---------- Data for this task
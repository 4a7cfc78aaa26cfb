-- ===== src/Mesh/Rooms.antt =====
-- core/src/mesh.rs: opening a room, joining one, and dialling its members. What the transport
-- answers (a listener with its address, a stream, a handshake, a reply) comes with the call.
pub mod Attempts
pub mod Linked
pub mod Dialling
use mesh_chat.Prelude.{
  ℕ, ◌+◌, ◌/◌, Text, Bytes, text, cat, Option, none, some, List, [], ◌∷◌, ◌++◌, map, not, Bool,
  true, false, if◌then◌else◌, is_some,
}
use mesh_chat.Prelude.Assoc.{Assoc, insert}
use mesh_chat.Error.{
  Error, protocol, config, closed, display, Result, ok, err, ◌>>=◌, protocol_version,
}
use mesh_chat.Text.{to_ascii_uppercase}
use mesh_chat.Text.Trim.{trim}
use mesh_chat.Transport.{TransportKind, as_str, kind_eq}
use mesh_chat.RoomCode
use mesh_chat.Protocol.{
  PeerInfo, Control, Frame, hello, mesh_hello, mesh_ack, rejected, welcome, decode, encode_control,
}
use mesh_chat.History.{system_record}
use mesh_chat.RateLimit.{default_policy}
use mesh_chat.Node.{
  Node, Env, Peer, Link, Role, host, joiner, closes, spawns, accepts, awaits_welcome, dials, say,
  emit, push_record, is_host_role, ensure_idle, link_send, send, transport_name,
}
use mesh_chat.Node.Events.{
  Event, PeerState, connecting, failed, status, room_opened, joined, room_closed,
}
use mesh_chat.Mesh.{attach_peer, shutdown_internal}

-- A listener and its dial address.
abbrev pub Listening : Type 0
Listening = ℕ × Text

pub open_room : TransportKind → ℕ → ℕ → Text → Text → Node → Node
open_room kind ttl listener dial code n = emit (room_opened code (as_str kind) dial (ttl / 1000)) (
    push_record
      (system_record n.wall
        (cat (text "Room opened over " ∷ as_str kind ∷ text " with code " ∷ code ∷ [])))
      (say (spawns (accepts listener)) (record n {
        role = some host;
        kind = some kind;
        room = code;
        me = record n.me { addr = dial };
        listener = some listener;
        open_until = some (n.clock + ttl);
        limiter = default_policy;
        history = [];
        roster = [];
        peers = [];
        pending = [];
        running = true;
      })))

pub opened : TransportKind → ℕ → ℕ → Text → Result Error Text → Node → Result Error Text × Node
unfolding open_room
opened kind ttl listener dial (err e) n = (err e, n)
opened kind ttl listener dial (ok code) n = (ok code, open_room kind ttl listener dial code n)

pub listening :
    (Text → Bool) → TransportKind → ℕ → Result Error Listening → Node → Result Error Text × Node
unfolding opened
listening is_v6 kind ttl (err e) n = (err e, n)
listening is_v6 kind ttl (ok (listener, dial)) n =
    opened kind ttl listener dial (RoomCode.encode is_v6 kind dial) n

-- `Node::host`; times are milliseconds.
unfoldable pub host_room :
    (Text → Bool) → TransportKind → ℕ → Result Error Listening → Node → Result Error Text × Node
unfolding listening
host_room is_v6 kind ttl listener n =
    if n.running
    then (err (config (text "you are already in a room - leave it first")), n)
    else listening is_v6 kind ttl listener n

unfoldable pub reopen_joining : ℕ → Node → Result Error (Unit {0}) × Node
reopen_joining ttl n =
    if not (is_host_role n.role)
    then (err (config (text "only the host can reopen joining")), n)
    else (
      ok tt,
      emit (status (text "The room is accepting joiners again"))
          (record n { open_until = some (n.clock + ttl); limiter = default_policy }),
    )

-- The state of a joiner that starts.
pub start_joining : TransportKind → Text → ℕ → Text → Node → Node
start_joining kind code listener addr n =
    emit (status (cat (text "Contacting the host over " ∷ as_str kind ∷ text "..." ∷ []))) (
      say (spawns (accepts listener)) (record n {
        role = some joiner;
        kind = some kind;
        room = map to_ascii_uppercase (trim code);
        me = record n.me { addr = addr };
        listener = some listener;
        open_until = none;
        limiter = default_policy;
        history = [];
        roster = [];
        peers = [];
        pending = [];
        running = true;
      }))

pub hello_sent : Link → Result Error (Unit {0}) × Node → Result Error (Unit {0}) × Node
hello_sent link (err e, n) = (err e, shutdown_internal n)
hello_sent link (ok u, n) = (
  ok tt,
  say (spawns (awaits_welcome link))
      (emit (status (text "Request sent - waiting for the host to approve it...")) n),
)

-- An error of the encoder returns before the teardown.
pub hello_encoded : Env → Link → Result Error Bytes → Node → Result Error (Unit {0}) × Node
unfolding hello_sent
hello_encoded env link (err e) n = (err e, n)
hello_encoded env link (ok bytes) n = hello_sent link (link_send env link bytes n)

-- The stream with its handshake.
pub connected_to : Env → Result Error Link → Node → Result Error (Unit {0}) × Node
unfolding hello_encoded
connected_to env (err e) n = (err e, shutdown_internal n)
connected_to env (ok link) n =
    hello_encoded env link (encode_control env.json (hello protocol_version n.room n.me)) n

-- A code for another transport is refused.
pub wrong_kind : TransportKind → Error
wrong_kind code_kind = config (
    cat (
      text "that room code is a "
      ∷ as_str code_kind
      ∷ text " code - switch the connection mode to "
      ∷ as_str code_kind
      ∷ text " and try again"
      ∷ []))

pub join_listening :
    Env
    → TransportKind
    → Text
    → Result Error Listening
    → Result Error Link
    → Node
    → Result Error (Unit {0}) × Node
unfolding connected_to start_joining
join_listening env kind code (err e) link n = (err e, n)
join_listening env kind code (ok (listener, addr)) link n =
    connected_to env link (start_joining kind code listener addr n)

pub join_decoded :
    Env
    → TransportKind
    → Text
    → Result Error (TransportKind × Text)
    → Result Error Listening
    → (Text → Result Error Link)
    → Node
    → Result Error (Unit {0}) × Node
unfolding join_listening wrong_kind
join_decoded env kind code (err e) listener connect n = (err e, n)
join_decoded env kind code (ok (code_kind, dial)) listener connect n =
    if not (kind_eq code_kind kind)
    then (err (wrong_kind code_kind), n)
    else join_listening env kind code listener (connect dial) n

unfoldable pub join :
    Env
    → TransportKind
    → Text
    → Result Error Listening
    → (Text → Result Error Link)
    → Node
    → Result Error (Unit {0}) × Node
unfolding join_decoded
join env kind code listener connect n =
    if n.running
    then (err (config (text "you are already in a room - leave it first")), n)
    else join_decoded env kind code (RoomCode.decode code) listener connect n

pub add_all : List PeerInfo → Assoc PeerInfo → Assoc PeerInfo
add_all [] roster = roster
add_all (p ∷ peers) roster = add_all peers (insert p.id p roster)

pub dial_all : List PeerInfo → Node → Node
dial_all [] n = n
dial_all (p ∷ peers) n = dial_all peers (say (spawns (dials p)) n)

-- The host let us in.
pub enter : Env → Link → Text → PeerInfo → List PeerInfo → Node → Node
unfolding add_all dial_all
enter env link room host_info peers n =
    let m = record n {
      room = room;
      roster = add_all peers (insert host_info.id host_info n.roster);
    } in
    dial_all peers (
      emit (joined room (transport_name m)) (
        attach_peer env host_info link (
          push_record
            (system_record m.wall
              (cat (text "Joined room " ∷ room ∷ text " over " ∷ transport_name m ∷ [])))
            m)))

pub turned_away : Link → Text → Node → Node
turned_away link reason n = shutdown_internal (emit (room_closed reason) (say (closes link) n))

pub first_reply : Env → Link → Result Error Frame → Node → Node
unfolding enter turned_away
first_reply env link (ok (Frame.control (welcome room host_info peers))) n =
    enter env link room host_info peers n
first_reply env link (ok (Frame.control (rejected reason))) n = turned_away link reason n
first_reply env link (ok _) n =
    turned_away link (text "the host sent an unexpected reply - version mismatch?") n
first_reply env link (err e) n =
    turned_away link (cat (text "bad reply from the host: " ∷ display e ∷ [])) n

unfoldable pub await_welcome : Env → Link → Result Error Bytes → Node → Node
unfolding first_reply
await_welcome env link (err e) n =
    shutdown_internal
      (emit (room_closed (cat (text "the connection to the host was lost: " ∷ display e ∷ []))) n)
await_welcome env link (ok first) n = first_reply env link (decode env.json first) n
--------------------
---------- Data for this task
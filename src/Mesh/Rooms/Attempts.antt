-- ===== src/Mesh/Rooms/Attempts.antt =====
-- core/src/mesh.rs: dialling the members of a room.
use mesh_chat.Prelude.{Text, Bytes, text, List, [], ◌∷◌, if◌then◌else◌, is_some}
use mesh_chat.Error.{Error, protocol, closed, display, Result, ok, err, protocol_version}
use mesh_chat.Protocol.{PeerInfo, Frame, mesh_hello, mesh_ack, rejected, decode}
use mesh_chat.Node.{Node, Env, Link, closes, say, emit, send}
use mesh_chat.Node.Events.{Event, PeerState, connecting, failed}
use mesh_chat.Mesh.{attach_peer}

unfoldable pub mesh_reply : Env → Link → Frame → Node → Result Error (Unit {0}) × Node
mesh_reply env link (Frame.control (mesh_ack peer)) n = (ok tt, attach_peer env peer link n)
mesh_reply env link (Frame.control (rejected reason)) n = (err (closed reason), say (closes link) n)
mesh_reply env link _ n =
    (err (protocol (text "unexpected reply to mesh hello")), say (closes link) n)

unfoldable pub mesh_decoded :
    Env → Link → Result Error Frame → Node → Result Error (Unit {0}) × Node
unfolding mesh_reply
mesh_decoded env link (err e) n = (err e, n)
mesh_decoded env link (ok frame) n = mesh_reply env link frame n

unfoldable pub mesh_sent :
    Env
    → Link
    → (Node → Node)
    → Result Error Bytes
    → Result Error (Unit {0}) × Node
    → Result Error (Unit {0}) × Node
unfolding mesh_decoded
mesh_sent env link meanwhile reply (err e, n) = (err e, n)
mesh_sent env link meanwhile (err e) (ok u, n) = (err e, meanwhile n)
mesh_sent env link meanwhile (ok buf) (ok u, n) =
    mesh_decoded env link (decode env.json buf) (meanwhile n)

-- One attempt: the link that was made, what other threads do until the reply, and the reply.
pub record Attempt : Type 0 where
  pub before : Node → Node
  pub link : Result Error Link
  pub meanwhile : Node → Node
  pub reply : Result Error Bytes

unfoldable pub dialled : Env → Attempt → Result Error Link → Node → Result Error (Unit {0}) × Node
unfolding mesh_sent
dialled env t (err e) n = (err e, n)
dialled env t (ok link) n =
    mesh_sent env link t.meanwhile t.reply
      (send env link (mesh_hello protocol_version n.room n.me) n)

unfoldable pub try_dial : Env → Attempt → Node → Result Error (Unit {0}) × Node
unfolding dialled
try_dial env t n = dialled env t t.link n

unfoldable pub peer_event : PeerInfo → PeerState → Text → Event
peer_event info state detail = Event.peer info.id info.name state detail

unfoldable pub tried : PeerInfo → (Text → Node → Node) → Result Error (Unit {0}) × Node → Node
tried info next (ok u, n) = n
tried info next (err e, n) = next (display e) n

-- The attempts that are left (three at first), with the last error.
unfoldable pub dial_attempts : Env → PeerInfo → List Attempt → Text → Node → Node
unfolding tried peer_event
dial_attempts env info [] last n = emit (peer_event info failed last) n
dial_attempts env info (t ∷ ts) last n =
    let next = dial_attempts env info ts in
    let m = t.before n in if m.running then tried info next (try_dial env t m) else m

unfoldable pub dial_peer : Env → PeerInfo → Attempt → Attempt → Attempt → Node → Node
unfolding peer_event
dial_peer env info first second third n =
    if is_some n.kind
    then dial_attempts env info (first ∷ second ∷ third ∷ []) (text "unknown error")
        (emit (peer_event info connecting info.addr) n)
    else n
--------------------
---------- Data for this task
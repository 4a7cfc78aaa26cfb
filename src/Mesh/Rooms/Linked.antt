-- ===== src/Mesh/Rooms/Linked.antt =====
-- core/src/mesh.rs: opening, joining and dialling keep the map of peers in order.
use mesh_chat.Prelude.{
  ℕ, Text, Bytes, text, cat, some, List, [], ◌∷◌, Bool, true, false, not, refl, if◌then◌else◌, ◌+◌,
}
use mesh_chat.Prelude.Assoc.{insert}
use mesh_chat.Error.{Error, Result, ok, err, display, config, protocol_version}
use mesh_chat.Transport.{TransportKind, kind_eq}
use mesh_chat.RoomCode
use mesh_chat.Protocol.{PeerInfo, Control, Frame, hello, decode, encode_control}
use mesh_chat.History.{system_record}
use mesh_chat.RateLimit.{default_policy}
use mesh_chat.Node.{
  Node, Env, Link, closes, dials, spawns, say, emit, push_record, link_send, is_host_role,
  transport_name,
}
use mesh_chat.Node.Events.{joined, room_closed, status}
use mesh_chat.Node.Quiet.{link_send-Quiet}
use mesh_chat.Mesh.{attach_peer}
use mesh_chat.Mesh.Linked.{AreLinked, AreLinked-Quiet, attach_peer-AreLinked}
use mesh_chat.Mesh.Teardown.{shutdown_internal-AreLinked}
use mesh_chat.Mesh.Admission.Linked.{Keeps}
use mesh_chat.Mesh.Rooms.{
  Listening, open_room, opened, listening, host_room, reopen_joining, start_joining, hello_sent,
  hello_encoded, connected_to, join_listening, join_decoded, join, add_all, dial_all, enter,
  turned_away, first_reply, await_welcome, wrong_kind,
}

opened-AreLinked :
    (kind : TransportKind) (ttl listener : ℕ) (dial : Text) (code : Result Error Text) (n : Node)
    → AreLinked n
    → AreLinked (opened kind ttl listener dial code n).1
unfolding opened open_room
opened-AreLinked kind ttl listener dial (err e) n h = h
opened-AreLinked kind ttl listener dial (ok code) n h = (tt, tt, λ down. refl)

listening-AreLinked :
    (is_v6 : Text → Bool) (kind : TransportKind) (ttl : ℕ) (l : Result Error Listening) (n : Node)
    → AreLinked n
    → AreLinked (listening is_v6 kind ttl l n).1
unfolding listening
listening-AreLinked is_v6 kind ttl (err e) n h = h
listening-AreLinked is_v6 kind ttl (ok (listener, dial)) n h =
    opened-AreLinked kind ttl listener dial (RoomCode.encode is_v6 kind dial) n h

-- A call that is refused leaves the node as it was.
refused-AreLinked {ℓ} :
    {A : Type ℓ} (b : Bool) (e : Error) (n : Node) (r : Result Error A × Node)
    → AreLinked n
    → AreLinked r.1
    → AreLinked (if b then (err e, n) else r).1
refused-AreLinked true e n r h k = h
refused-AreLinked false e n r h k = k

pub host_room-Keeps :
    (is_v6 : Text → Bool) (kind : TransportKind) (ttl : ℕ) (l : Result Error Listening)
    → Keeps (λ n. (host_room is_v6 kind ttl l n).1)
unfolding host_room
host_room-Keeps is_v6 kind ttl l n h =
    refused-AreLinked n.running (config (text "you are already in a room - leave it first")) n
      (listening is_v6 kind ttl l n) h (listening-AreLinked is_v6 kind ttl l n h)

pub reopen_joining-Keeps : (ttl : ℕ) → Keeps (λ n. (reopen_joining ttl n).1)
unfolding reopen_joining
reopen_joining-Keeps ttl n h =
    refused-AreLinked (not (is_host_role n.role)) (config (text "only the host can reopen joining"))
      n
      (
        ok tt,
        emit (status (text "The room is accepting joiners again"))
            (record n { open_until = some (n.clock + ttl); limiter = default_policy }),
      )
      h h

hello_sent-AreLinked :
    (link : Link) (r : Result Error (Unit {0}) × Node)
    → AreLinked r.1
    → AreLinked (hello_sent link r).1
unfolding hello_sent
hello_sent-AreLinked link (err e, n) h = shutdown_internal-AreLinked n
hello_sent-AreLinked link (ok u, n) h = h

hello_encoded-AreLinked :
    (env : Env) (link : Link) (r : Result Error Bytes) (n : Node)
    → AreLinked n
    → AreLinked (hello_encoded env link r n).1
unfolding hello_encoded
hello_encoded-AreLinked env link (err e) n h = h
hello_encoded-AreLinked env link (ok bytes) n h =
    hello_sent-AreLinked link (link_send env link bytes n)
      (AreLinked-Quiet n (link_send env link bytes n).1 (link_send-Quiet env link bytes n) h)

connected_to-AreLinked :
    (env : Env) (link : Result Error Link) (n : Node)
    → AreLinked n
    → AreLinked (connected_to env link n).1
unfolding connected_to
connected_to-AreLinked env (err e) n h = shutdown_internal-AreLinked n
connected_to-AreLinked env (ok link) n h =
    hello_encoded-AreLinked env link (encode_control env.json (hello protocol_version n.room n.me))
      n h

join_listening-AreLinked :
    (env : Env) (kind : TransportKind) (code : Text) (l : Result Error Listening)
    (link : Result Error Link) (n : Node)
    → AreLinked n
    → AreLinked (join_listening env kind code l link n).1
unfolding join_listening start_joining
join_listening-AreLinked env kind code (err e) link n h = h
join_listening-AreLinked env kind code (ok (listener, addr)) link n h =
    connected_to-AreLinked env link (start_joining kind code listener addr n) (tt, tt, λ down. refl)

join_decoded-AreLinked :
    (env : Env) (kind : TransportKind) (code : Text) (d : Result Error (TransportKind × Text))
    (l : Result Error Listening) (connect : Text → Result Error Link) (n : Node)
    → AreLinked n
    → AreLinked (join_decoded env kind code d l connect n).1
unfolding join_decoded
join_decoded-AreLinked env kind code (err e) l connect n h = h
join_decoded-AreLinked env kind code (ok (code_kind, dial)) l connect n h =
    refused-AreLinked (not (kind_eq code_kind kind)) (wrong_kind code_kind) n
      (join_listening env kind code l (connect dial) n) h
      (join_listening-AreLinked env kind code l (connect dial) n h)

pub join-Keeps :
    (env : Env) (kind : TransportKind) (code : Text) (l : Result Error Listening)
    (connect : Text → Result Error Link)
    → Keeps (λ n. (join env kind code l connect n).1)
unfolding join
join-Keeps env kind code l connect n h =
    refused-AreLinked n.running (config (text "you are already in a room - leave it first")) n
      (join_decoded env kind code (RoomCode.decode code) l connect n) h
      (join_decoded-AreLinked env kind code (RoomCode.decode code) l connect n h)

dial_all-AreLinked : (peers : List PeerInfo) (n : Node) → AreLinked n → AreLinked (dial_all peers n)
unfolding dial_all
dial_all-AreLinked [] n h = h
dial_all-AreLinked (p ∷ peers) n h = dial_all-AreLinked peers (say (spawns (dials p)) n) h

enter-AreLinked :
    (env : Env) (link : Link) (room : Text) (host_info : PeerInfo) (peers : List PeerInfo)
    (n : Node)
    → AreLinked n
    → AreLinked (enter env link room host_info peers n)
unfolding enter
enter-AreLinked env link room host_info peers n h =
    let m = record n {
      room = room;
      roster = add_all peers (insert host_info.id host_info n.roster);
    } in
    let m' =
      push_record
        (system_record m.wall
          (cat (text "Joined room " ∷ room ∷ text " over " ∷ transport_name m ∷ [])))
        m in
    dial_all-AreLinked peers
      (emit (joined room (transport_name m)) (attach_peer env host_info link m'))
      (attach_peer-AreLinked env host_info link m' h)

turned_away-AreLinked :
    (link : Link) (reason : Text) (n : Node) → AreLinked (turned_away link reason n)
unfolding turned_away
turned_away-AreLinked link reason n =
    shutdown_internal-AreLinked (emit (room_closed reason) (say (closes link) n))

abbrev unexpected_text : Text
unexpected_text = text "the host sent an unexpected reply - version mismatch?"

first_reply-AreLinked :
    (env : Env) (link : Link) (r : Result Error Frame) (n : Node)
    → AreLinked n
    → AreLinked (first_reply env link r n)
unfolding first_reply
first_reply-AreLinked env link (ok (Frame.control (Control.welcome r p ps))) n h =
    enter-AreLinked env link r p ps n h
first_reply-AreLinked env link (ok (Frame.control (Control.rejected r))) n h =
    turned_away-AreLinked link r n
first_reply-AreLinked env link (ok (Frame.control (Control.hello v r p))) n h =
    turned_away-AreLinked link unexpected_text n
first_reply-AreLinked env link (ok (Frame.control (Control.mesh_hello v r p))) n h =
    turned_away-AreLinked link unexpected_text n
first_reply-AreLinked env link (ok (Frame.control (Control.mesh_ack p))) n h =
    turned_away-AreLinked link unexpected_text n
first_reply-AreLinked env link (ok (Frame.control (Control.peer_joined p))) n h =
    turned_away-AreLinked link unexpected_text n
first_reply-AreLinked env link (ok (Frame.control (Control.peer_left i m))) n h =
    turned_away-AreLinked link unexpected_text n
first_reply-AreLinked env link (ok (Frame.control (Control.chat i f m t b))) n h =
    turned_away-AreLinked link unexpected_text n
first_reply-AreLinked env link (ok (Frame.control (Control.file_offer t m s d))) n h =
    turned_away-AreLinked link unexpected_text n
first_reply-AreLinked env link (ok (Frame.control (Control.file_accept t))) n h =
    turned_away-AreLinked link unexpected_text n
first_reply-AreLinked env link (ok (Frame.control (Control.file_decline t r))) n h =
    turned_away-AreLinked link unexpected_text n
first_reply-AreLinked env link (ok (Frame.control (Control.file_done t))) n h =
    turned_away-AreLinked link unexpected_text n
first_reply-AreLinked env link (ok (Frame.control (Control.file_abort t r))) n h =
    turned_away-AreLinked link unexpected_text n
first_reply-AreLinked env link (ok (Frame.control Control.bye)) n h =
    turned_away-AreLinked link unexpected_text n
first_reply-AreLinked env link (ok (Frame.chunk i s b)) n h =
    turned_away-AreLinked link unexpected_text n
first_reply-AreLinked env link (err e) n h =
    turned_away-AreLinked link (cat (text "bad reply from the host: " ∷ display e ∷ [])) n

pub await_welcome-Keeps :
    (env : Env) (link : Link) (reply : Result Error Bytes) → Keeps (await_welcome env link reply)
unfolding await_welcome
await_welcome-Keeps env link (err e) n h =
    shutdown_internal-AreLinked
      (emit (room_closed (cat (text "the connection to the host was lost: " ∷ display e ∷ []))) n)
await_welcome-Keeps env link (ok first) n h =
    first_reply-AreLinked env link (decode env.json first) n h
--------------------
Activity - Every line that holds the string "clock" must be copied from the records above.

Task result -
        open_until = some (n.clock + ttl);
          (record n { open_until = some (n.clock + ttl); limiter = default_policy }),
            (record n { open_until = some (n.clock + ttl); limiter = default_policy }),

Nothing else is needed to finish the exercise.